Routines executed to implement the embodiments may be implemented as part of an operating system or a specific application, component, program, object, module or sequence of instructions referred to as “computer programs.” The computer programs typically include one or more instructions set at various times in various memory and storage devices in a computer, and that, when read and executed by one or more processors in a computer, cause the computer to perform operations necessary to execute elements involving the various aspects.
A machine readable medium can be used to store software and data which when executed by a data processing system causes the system to perform various methods. The executable software and data may be stored in various places including for example ROM, volatile RAM, non-volatile memory and/or cache. Portions of this software and/or data may be stored in any one of these storage devices. Further, the data and instructions can be obtained from centralized servers or peer to peer networks. Different portions of the data and instructions can be obtained from different centralized servers and/or peer to peer networks at different times and in different communication sessions or in a same communication session. The data and instructions can be obtained in entirety prior to the execution of the applications. Alternatively, portions of the data and instructions can be obtained dynamically, just in time, when needed for execution.
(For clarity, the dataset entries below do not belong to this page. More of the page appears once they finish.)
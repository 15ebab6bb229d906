-- ===== src/Objects/Manager/Sound/Owners.antt =====
-- Handles with other owners.
use packaged_task.Base.{
  ℕ, suc, ◌+◌, ◌≤◌, ◌<◌, ◌≡◌, sym, subst, ◌∙◌, inl, inr, List, find, assign, find-assign, some,
  Bool-cases, ◌==◌, if◌then◌else◌, arith,
}
use packaged_task.Objects.State.{World, ObjHandle, ObjEntry}
use packaged_task.Objects.Manager.Counts.{owners_of, count}
use packaged_task.Objects.Manager.Owned.{owned_by}
use packaged_task.Objects.Manager.Sound.{IsLed, Sound}

-- Less may be held from outside.
pub held-Sound :
    (es : List (ℕ × ObjEntry)) (held held' : List (ℕ × ℕ)) (w : World)
    → Sound es held w
    → ((h : ℕ) → count (suc h) held' ≤ count (suc h) held)
    → Sound es held' w
held-Sound es held held' w s less = record {
  owned = s.owned;
  led = s.led;
  objects_below = s.objects_below;
  ids_below = s.ids_below;
  own = s.own;
  counted = λ h. omega (arith, s.counted h, less h);
}

-- A handle that leads where it led, with another number of owners, which is enough.
pub recounted-Sound :
    (es : List (ℕ × ObjEntry)) (held held' : List (ℕ × ℕ)) (h n : ℕ) (r : ObjHandle) (w : World)
    → Sound es held w
    → find h w.handles ≡ some r
    → 0 < n
    → ((j : ℕ)
        → count (suc j) held' + count (suc j) (owned_by w.objects es)
          ≤ owners_of (find (suc j) (assign h (record r { owners = n }) w.handles)))
    → Sound es held' (record w { handles = assign h (record r { owners = n }) w.handles })
recounted-Sound es held held' h n r w s there some_owner enough = record {
  owned = λ j q f. elim (Bool-cases (h == j)) [
    | inl same ↦ ground (arith, now j, s.owned h r there)
    | inr other ↦ s.owned j q (ground (arith, now j))
  ];
  led = λ j q f set. elim (Bool-cases (h == j)) [
    | inl same ↦
        let at : h ≡ j = ground arith in
        let ptr : r.ptr ≡ q.ptr = ground (arith, now j) in
        subst (λ (a : ℕ). IsLed es w.objects j a) ptr
          (subst (λ (a : ℕ). IsLed es w.objects a r.ptr) at
            (s.led h r there (λ z. set (sym ptr ∙ z))))
    | inr other ↦ s.led j q (ground (arith, now j)) set
  ];
  objects_below = s.objects_below;
  ids_below = s.ids_below;
  own = s.own;
  counted = enough;
}
  where
    now :
        (j : ℕ)
        → find j (assign h (record r { owners = n }) w.handles)
          ≡ (if h == j then some (record r { owners = n }) else find j w.handles)
    now j = find-assign h j (record r { owners = n }) w.handles
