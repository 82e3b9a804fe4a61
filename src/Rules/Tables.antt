-- ===== src/Rules/Tables.antt =====
-- datafusion-pg-catalog/src/sql/rules.rs: `PrependUnqualifiedPgTableName` and
-- `StripCallableQualifier`; datafusion-pg-catalog/src/pg_catalog.rs: the names of the relations.
pub mod Settled
use Prim.Native.Char.{Char, code}
use Prim.Native.String
use datafusion_postgres.Prelude.{
  ℕ, ◌+◌, String, Bool, true, false, ◌&&◌, Option, none, some, List, [], ◌∷◌, leb, ◌==◌,
  if◌then◌else◌,
}
use datafusion_postgres.Prelude.Lists.{any}
use datafusion_postgres.Ast.{ident_new, ObjectNamePart, ObjectName, ident, TableFactor, table, Expr}
use datafusion_postgres.Ast.Expr.{function}

-- `PG_CATALOG_TABLES`
abbrev pub pg_catalog_tables : List String
pg_catalog_tables =
    "pg_aggregate" ∷ "pg_am" ∷ "pg_amop" ∷ "pg_amproc" ∷ "pg_cast" ∷ "pg_collation"
    ∷ "pg_conversion" ∷ "pg_language" ∷ "pg_opclass" ∷ "pg_operator" ∷ "pg_opfamily" ∷ "pg_proc"
    ∷ "pg_range" ∷ "pg_ts_config" ∷ "pg_ts_dict" ∷ "pg_ts_parser" ∷ "pg_ts_template" ∷ "pg_type"
    ∷ "pg_attribute" ∷ "pg_attrdef" ∷ "pg_auth_members" ∷ "pg_authid" ∷ "pg_class" ∷ "pg_constraint"
    ∷ "pg_database" ∷ "pg_db_role_setting" ∷ "pg_default_acl" ∷ "pg_depend" ∷ "pg_description"
    ∷ "pg_enum" ∷ "pg_event_trigger" ∷ "pg_extension" ∷ "pg_foreign_data_wrapper"
    ∷ "pg_foreign_server" ∷ "pg_foreign_table" ∷ "pg_index" ∷ "pg_inherits" ∷ "pg_init_privs"
    ∷ "pg_largeobject" ∷ "pg_largeobject_metadata" ∷ "pg_namespace" ∷ "pg_partitioned_table"
    ∷ "pg_policy" ∷ "pg_publication" ∷ "pg_publication_namespace" ∷ "pg_publication_rel"
    ∷ "pg_replication_origin" ∷ "pg_rewrite" ∷ "pg_seclabel" ∷ "pg_sequence" ∷ "pg_shdepend"
    ∷ "pg_shdescription" ∷ "pg_shseclabel" ∷ "pg_statistic" ∷ "pg_statistic_ext"
    ∷ "pg_statistic_ext_data" ∷ "pg_subscription" ∷ "pg_subscription_rel" ∷ "pg_tablespace"
    ∷ "pg_trigger" ∷ "pg_user_mapping" ∷ "pg_roles" ∷ "pg_settings" ∷ "pg_stat_gssapi" ∷ "pg_tables"
    ∷ "pg_views" ∷ "pg_matviews" ∷ "pg_stat_user_tables" ∷ "pg_replication_slots" ∷ []

-- `eq_ignore_ascii_case`
abbrev pub ascii_lower : ℕ → ℕ
ascii_lower n = if leb 65 n && leb n 90 then n + 32 else n

unfoldable pub eq_ignore_ascii_case : String → String → Bool
eq_ignore_ascii_case String.[] String.[] = true
eq_ignore_ascii_case (String.◌∷◌ c s) (String.◌∷◌ d t) =
    ascii_lower (code c) == ascii_lower (code d) && eq_ignore_ascii_case s t
eq_ignore_ascii_case _ _ = false

unfoldable pub is_pg_catalog_table : String → Bool
unfolding eq_ignore_ascii_case any
is_pg_catalog_table name = any (λ table. eq_ignore_ascii_case table name) pg_catalog_tables

module _ {X : Type 0} where
  -- The guards and the new name of `PrependUnqualifiedPgTableNameVisitor`
  unfoldable pub qualify_pg_table : ObjectName X → ObjectName X
  qualify_pg_table (ident i ∷ []) =
      if is_pg_catalog_table i.text
      then ident (ident_new "pg_catalog") ∷ ident i ∷ []
      else ident i ∷ []
  qualify_pg_table name = name

  -- `PrependUnqualifiedPgTableNameVisitor::pre_visit_table_factor`
  unfoldable pub prepend_pg_catalog : TableFactor X → TableFactor X
  prepend_pg_catalog (table name alias none rest) = table (qualify_pg_table name) alias none rest
  prepend_pg_catalog factor = factor

  -- A name of several parts becomes its last one.
  unfoldable pub strip_name : ObjectName X → ObjectName X
  strip_name [] = []
  strip_name (part ∷ []) = part ∷ []
  strip_name (part ∷ next ∷ parts) = strip_name (next ∷ parts)

  -- `StripCallableQualifierVisitor::pre_visit_table_factor` and `pre_visit_expr`
  unfoldable pub strip_table_function : TableFactor X → TableFactor X
  unfolding strip_name
  strip_table_function (table name alias (some args) rest) =
      table (strip_name name) alias (some args) rest
  strip_table_function factor = factor

  unfoldable pub strip_function : Expr X → Expr X
  unfolding strip_name
  strip_function (function name args rest) = function (strip_name name) args rest
  strip_function expr = expr
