-- ===== src/Rules/Pipeline.antt =====
-- datafusion-pg-catalog/src/sql/rules.rs: the visitors of the rules; datafusion-pg-catalog/src/sql/
-- parser.rs: the list of rules of `PostgresCompatibilityParser`, `rewrite` and `parse`.
pub mod Plain
pub mod Visitors
pub mod Untouched
use mathlib.Core.Option
use datafusion_postgres.Prelude.{String, Option, none, some, List, [], ◌∷◌, ◌⊎◌, inl, inr}
use datafusion_postgres.Prelude.Lists.{length}
use datafusion_postgres.Prelude.Dict.{Dict}
use datafusion_postgres.Ast.{TableFactor, Expr, Query, Statement}
use datafusion_postgres.Parser.{Token, Blacklist, maybe_replace_tokens}
use datafusion_postgres.Rules.{Visitor, SqlParser}
use datafusion_postgres.Rules.Aliases.{alias_duplicated_projection}
use datafusion_postgres.Rules.Unqualified.{resolve_unqualified_identifier}
use datafusion_postgres.Rules.Arrays.{rewrite_any_all, fix_array_literal}
use datafusion_postgres.Rules.Tables.{prepend_pg_catalog, strip_table_function, strip_function}
use datafusion_postgres.Rules.Registers.{LowerCase, rewrite_register}
use datafusion_postgres.Rules.Small.{strip_collate, rewrite_operator, fix_version_column_name}
use datafusion_postgres.Rules.RegCast.{rewrite_reg_cast}
use datafusion_postgres.Rules.Scalars.{remove_subqueries}

module _ {X : Type 0} where
  -- A visitor that defines one method
  abbrev pub on_expr : (Expr X → Expr X) → Visitor X
  on_expr f = record {
    pre_visit_query = λ q. q;
    pre_visit_table_factor = λ t. t;
    pre_visit_expr = f;
  }

  abbrev pub on_table_factor : (TableFactor X → TableFactor X) → Visitor X
  on_table_factor f = record {
    pre_visit_query = λ q. q;
    pre_visit_table_factor = f;
    pre_visit_expr = λ e. e;
  }

  abbrev pub on_query : (Query X → Query X) → Visitor X
  on_query f = record {
    pre_visit_query = f;
    pre_visit_table_factor = λ t. t;
    pre_visit_expr = λ e. e;
  }

  -- `StripCallableQualifierVisitor`, which defines two
  abbrev pub strip_callable_qualifier : Visitor X
  strip_callable_qualifier = record {
    pre_visit_query = λ q. q;
    pre_visit_table_factor = strip_table_function;
    pre_visit_expr = strip_function;
  }

module _ {X : Type 0} (sqlparser : SqlParser X) (unicode : LowerCase)
    (templates : Dict (Query X)) where
  -- The rules of `new` that are visitors, in its order
  unfoldable pub visitors : List (Visitor X)
  unfolding rewrite_any_all prepend_pg_catalog strip_table_function strip_function fix_array_literal
      rewrite_register strip_collate rewrite_operator rewrite_reg_cast remove_subqueries
      fix_version_column_name
  visitors =
      on_expr rewrite_any_all
      ∷ on_table_factor prepend_pg_catalog
      ∷ strip_callable_qualifier
      ∷ on_expr fix_array_literal
      ∷ on_expr (rewrite_register unicode)
      ∷ on_expr strip_collate
      ∷ on_expr rewrite_operator
      ∷ on_expr (rewrite_reg_cast sqlparser unicode templates)
      ∷ on_query (remove_subqueries sqlparser)
      ∷ on_query fix_version_column_name
      ∷ []

  abbrev pub visit_all : List (Visitor X) → Statement X → Statement X
  visit_all [] s = s
  visit_all (visitor ∷ visitors) s = visit_all visitors (sqlparser.visit visitor s)

  -- `PostgresCompatibilityParser::rewrite`: `none` is a panic of one of the first two rules
  unfoldable pub rewrite : Statement X → Option (Statement X)
  unfolding visitors alias_duplicated_projection resolve_unqualified_identifier Option.bind
  rewrite s =
      Option.map (visit_all visitors)
        (Option.bind (alias_duplicated_projection sqlparser s) resolve_unqualified_identifier)

  abbrev pub rewrite_each : List (Statement X) → Option (List (Statement X))
  rewrite_each [] = some []
  rewrite_each (s ∷ statements) =
      let rest = rewrite_each statements in
      Option.bind (rewrite s) (λ new. Option.map (λ out. new ∷ out) rest)

  -- `PostgresCompatibilityParser::parse`, with the tokenizer and the parser of sqlparser, whose errors
  -- it returns. `none` is a panic of a rule: the replacement ends on fuel for each token.
  module _ {E : Type 0} (tokenize : String → E ⊎ List Token)
      (parse_tokens : List Token → E ⊎ List (Statement X)) where
    abbrev pub parse_replaced : E ⊎ List (Statement X) → Option (E ⊎ List (Statement X))
    parse_replaced (inl e) = some (inl e)
    parse_replaced (inr statements) = Option.map inr (rewrite_each statements)

    abbrev pub parse_input : Blacklist → E ⊎ List Token → Option (E ⊎ List (Statement X))
    parse_input blacklist (inl e) = some (inl e)
    parse_input blacklist (inr tokens) =
        Option.bind (maybe_replace_tokens (length tokens) blacklist tokens)
          (λ replaced. parse_replaced (parse_tokens replaced))

    unfoldable pub parse : Blacklist → String → Option (E ⊎ List (Statement X))
    unfolding rewrite maybe_replace_tokens Option.bind
    parse blacklist input = parse_input blacklist (tokenize input)
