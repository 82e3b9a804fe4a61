-- ===== src/Rules/Pipeline/Plain.antt =====
-- The nodes of a statement in DataFusion's own terms, rule by rule.
use mathlib.Core.Bool.{true≢false}
use Prim.Native.Char.{Char}
use datafusion_postgres.Prelude.{
  String, Bool, false, Option, none, some, List, [], ◌∷◌, ◌≡◌, refl, ap, str_eq,
}
use datafusion_postgres.Prelude.Lists.{All, any}
use datafusion_postgres.Prelude.Dict
use datafusion_postgres.Prelude.Dict.{Dict}
use datafusion_postgres.Ast.{
  ObjectName, ident, function_part, argument_list, no_args, single_quoted_string, placeholder, eq,
  not_eq, pg_custom, CastKind, DataType, TableFactor, table, Expr, SelectItem, SelectItems,
  no_items, items, unnamed_expr, expr_with_alias, a_select, select, Query, a_query, map_items,
}
use datafusion_postgres.Ast.Expr.{
  identifier, value, binary_op, any_op, all_op, cast, function, collate, subquery,
}
use datafusion_postgres.Rules.{Nodes, SqlParser}
use datafusion_postgres.Rules.Arrays.{rewrite_any_all, fixed_operand, fix_array_literal}
use datafusion_postgres.Rules.Tables.{
  pg_catalog_tables, eq_ignore_ascii_case, is_pg_catalog_table, qualify_pg_table,
  prepend_pg_catalog, strip_name, strip_table_function, strip_function,
}
use datafusion_postgres.Rules.Registers.{
  rename_target, unquoted_target, LowerCase, last_ident_lower, rewrite_register,
}
use datafusion_postgres.Rules.Small.{
  strip_collate, rewrite_operator, name_version, fix_version_column_name,
}
use datafusion_postgres.Rules.RegCast.{is_name_operand, rewrite_reg_cast}
use datafusion_postgres.Rules.Scalars.{scalar_expr, scalar_item, remove_subqueries}

-- A bare name, by its quotes and its text in lower case, that is no special register
abbrev pub IsColumn : Option Char → String → Type 0
IsColumn (some _) lower = Unit
IsColumn none lower = str_eq "current_schema" lower ≡ false

column_lem :
    (quotes : Option Char) (lower : String)
    → IsColumn quotes lower
    → unquoted_target quotes lower ≡ none
unfolding Dict.get
column_lem (some c) lower h = refl
column_lem none lower h = rw h refl

any-none :
    (test : String → Bool) (names : List String)
    → All (λ n. test n ≡ false) names
    → any test names ≡ false
unfolding any
any-none test [] h = refl
any-none test (n ∷ names) h = rw h.0 (any-none test names h.1)

module _ {X : Type 0} (unicode : LowerCase) where
  -- Neither a string literal nor a parameter
  abbrev pub IsComputed : Expr X → Type 0
  IsComputed (value (single_quoted_string _)) = ⊥
  IsComputed (value (placeholder _)) = ⊥
  IsComputed _ = Unit

  -- A function's name without a schema, that is no special register
  abbrev pub IsCallable : ObjectName X → Type 0
  IsCallable (ident i ∷ []) =
      (str_eq "current_user" (unicode.to_lowercase i.text) ≡ false)
      × (str_eq "current_catalog" (unicode.to_lowercase i.text) ≡ false)
  IsCallable [] = Unit
  IsCallable (function_part _ ∷ []) = Unit
  IsCallable _ = ⊥

  computed_lem : (operand : Expr X) → IsComputed operand → is_name_operand operand ≡ false
  unfolding is_name_operand
  computed_lem (value (single_quoted_string s)) h = absurd h
  computed_lem (value (placeholder s)) h = absurd h
  computed_lem _ h = refl

  callable_lem :
      (name : ObjectName X)
      → IsCallable name
      → (strip_name name ≡ name) × (rename_target (last_ident_lower unicode name) ≡ none)
  unfolding strip_name last_ident_lower Dict.get
  callable_lem [] h = (refl, refl)
  callable_lem (ident i ∷ []) (no_user, no_catalog) = (refl, rw (no_user, no_catalog) refl)
  callable_lem (function_part x ∷ []) h = (refl, refl)
  callable_lem (ident i ∷ next ∷ parts) h = absurd h
  callable_lem (function_part x ∷ next ∷ parts) h = absurd h

  -- An expression without what only PostgreSQL has: quantified comparisons that can be lowered, COLLATE,
  -- operators with a schema, functions with a schema, the special registers, casts of literals
  unfoldable pub IsPlainExpr : Expr X → Type 0
  IsPlainExpr (any_op _ eq _ _) = ⊥
  IsPlainExpr (all_op _ not_eq _) = ⊥
  IsPlainExpr (collate _ _) = ⊥
  IsPlainExpr (binary_op _ (pg_custom _) _) = ⊥
  IsPlainExpr (cast _ operand _ _) = IsComputed operand
  IsPlainExpr (identifier i) = IsColumn i.quote_style (unicode.to_lowercase i.text)
  IsPlainExpr (function name _ _) = IsCallable name
  IsPlainExpr _ = Unit

  pub any_all_plain : (expr : Expr X) → IsPlainExpr expr → rewrite_any_all expr ≡ expr
  unfolding rewrite_any_all IsPlainExpr
  any_all_plain (any_op l eq r x) h = absurd h
  any_all_plain (all_op l not_eq r) h = absurd h
  any_all_plain _ h = refl

  fixed_operand_plain :
      (operand : Expr X) (kind : CastKind X) (type : DataType X)
      → is_name_operand operand ≡ false
      → fixed_operand operand kind type ≡ operand
  unfolding fixed_operand is_name_operand
  fixed_operand_plain (value (single_quoted_string s)) kind type h = absurd (true≢false h)
  fixed_operand_plain _ kind type h = refl

  pub fix_array_plain : (expr : Expr X) → IsPlainExpr expr → fix_array_literal expr ≡ expr
  unfolding fix_array_literal IsPlainExpr
  fix_array_plain (cast kind operand type format) h =
      ap (λ o. cast kind o type format)
        (fixed_operand_plain operand kind type (computed_lem operand h))
  fix_array_plain _ h = refl

  pub strip_function_plain : (expr : Expr X) → IsPlainExpr expr → strip_function expr ≡ expr
  unfolding strip_function IsPlainExpr
  strip_function_plain (function name args rest) h =
      ap (λ n. function n args rest) (callable_lem name h).0
  strip_function_plain _ h = refl

  pub register_plain : (expr : Expr X) → IsPlainExpr expr → rewrite_register unicode expr ≡ expr
  unfolding rewrite_register IsPlainExpr
  register_plain (identifier i) h =
      rw (column_lem i.quote_style (unicode.to_lowercase i.text) h) refl
  register_plain (function name args rest) h = rw (callable_lem name h).1 refl
  register_plain _ h = refl

  pub collate_plain : (expr : Expr X) → IsPlainExpr expr → strip_collate expr ≡ expr
  unfolding strip_collate IsPlainExpr
  collate_plain (collate inner name) h = absurd h
  collate_plain _ h = refl

  pub operator_plain : (expr : Expr X) → IsPlainExpr expr → rewrite_operator expr ≡ expr
  unfolding rewrite_operator IsPlainExpr
  operator_plain (binary_op l (pg_custom names) r) h = absurd h
  operator_plain _ h = refl

  pub reg_cast_plain :
      (sqlparser : SqlParser X) (templates : Dict (Query X)) (expr : Expr X)
      → IsPlainExpr expr
      → rewrite_reg_cast sqlparser unicode templates expr ≡ expr
  unfolding rewrite_reg_cast IsPlainExpr
  reg_cast_plain sqlparser templates (cast kind operand type format) h =
      rw (computed_lem operand h) refl
  reg_cast_plain sqlparser templates _ h = refl

module _ {X : Type 0} where
  -- A name that is no bare relation of pg_catalog
  unfoldable pub IsRelation : ObjectName X → Type 0
  IsRelation (ident i ∷ []) =
      All (λ relation. eq_ignore_ascii_case relation i.text ≡ false) pg_catalog_tables
  IsRelation _ = Unit

  abbrev pub IsSingle : ObjectName X → Type 0
  IsSingle (_ ∷ _ ∷ _) = ⊥
  IsSingle _ = Unit

  relation_lem : (name : ObjectName X) → IsRelation name → qualify_pg_table name ≡ name
  unfolding qualify_pg_table is_pg_catalog_table IsRelation
  relation_lem (ident i ∷ []) h =
      rw (any-none (λ relation. eq_ignore_ascii_case relation i.text) pg_catalog_tables h) refl
  relation_lem _ h = refl

  single_lem : (name : ObjectName X) → IsSingle name → strip_name name ≡ name
  unfolding strip_name
  single_lem [] h = refl
  single_lem (part ∷ []) h = refl
  single_lem (part ∷ next ∷ parts) h = absurd h

  -- A table that is no bare relation of pg_catalog, or a table function without schema
  unfoldable pub IsPlainFactor : TableFactor X → Type 0
  IsPlainFactor (table name _ none _) = IsRelation name
  IsPlainFactor (table name _ (some _) _) = IsSingle name
  IsPlainFactor _ = Unit

  pub prepend_plain :
      (factor : TableFactor X) → IsPlainFactor factor → prepend_pg_catalog factor ≡ factor
  unfolding prepend_pg_catalog IsPlainFactor
  prepend_plain (table name alias none rest) h =
      ap (λ n. table n alias none rest) (relation_lem name h)
  prepend_plain _ h = refl

  pub strip_table_plain :
      (factor : TableFactor X) → IsPlainFactor factor → strip_table_function factor ≡ factor
  unfolding strip_table_function IsPlainFactor
  strip_table_plain (table name alias (some args) rest) h =
      ap (λ n. table n alias (some args) rest) (single_lem name h)
  strip_table_plain _ h = refl

  -- An item of a projection that is neither a subquery nor a call `version()` without an alias
  abbrev pub IsPlainItem : SelectItem X → Type 0
  IsPlainItem (unnamed_expr (subquery _)) = ⊥
  IsPlainItem (expr_with_alias (subquery _) _) = ⊥
  IsPlainItem (unnamed_expr (function (ident i ∷ []) (argument_list no_args _ _) _)) =
      str_eq i.text "version" ≡ false
  IsPlainItem _ = Unit

  abbrev pub IsPlainItems : SelectItems X → Type 0
  IsPlainItems no_items = Unit
  IsPlainItems (items item rest) = IsPlainItem item × IsPlainItems rest

  unfoldable pub IsPlainQuery : Query X → Type 0
  IsPlainQuery (a_query (select (a_select projection _ _ _)) _ _ _ _) = IsPlainItems projection
  IsPlainQuery _ = Unit

  name_version_plain : (item : SelectItem X) → IsPlainItem item → name_version item ≡ item
  name_version_plain (unnamed_expr (function (ident i ∷ []) (argument_list no_args x clauses) rest))
        h =
      rw h refl
  name_version_plain _ h = refl

  map_items_plain :
      (f : SelectItem X → SelectItem X)
      → ((item : SelectItem X) → IsPlainItem item → f item ≡ item)
      → (projection : SelectItems X) → IsPlainItems projection
      → map_items f projection ≡ projection
  unfolding map_items
  map_items_plain f each no_items h = refl
  map_items_plain f each (items item rest) h =
      rw (each item h.0, map_items_plain f each rest h.1) refl

  pub version_plain : (q : Query X) → IsPlainQuery q → fix_version_column_name q ≡ q
  unfolding fix_version_column_name IsPlainQuery
  version_plain (a_query (select (a_select p from filter rest)) order limit fetch more) h =
      rw (map_items_plain name_version name_version_plain p h) refl
  version_plain _ h = refl

  module _ (sqlparser : SqlParser X) where
    scalar_item_plain : (item : SelectItem X) → IsPlainItem item → scalar_item sqlparser item ≡ item
    unfolding scalar_expr
    scalar_item_plain (unnamed_expr (subquery q)) h = absurd h
    scalar_item_plain (expr_with_alias (subquery q) alias) h = absurd h
    scalar_item_plain _ h = refl

    pub subqueries_plain : (q : Query X) → IsPlainQuery q → remove_subqueries sqlparser q ≡ q
    unfolding remove_subqueries IsPlainQuery
    subqueries_plain (a_query (select (a_select p from filter rest)) order limit fetch more) h =
        rw (map_items_plain (scalar_item sqlparser) scalar_item_plain p h) refl
    subqueries_plain _ h = refl

-- The nodes of a statement that no rule changes
unfoldable pub IsPlain : {X : Type 0} → LowerCase → Nodes X → Type 0
unfolding IsPlainExpr IsPlainFactor IsPlainQuery
IsPlain unicode nodes =
    (All IsPlainQuery nodes.queries
      × All IsPlainFactor nodes.table_factors
      × All (IsPlainExpr unicode) nodes.expressions)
Thus, it is not required that the data and instructions be on a machine readable medium in entirety at a particular instance of time.
Examples of computer-readable media include but are not limited to non-transitory, recordable and non-recordable type media such as volatile and non-volatile memory devices, read only memory (ROM), random access memory (RAM), flash memory devices, floppy and other removable disks, magnetic disk storage media, optical storage media (e.g., Compact Disk Read-Only Memory (CD ROM), Digital Versatile Disks (DVDs), etc.), among others. The computer-readable media may store the instructions.
The instructions may also be embodied in digital and analog communication links for electrical, optical, acoustical or other forms of propagated signals, such as carrier waves, infrared signals, digital signals, etc. However, propagated signals, such as carrier waves, infrared signals, digital signals, etc. are not tangible machine readable medium and are not configured to store instructions.
In general, a machine readable medium includes any mechanism that provides (i.e., stores and/or transmits) information in a form accessible by a machine (e.g., a computer, network device, personal digital assistant, manufacturing tool, any device with a set of one or more processors, etc.).
In various embodiments, hardwired circuitry may be used in combination with software instructions to implement the techniques. Thus, the techniques are neither limited to any specific combination of hardware circuitry and software nor to any particular source for the instructions executed by the data processing system.
In the foregoing specification, the disclosure has been described with reference to specific exemplary embodiments thereof. It will be evident that various modifications may be made thereto without departing from the broader spirit and scope as set forth in the following claims. The specification and drawings are, accordingly, to be regarded in an illustrative sense rather than a restrictive sense.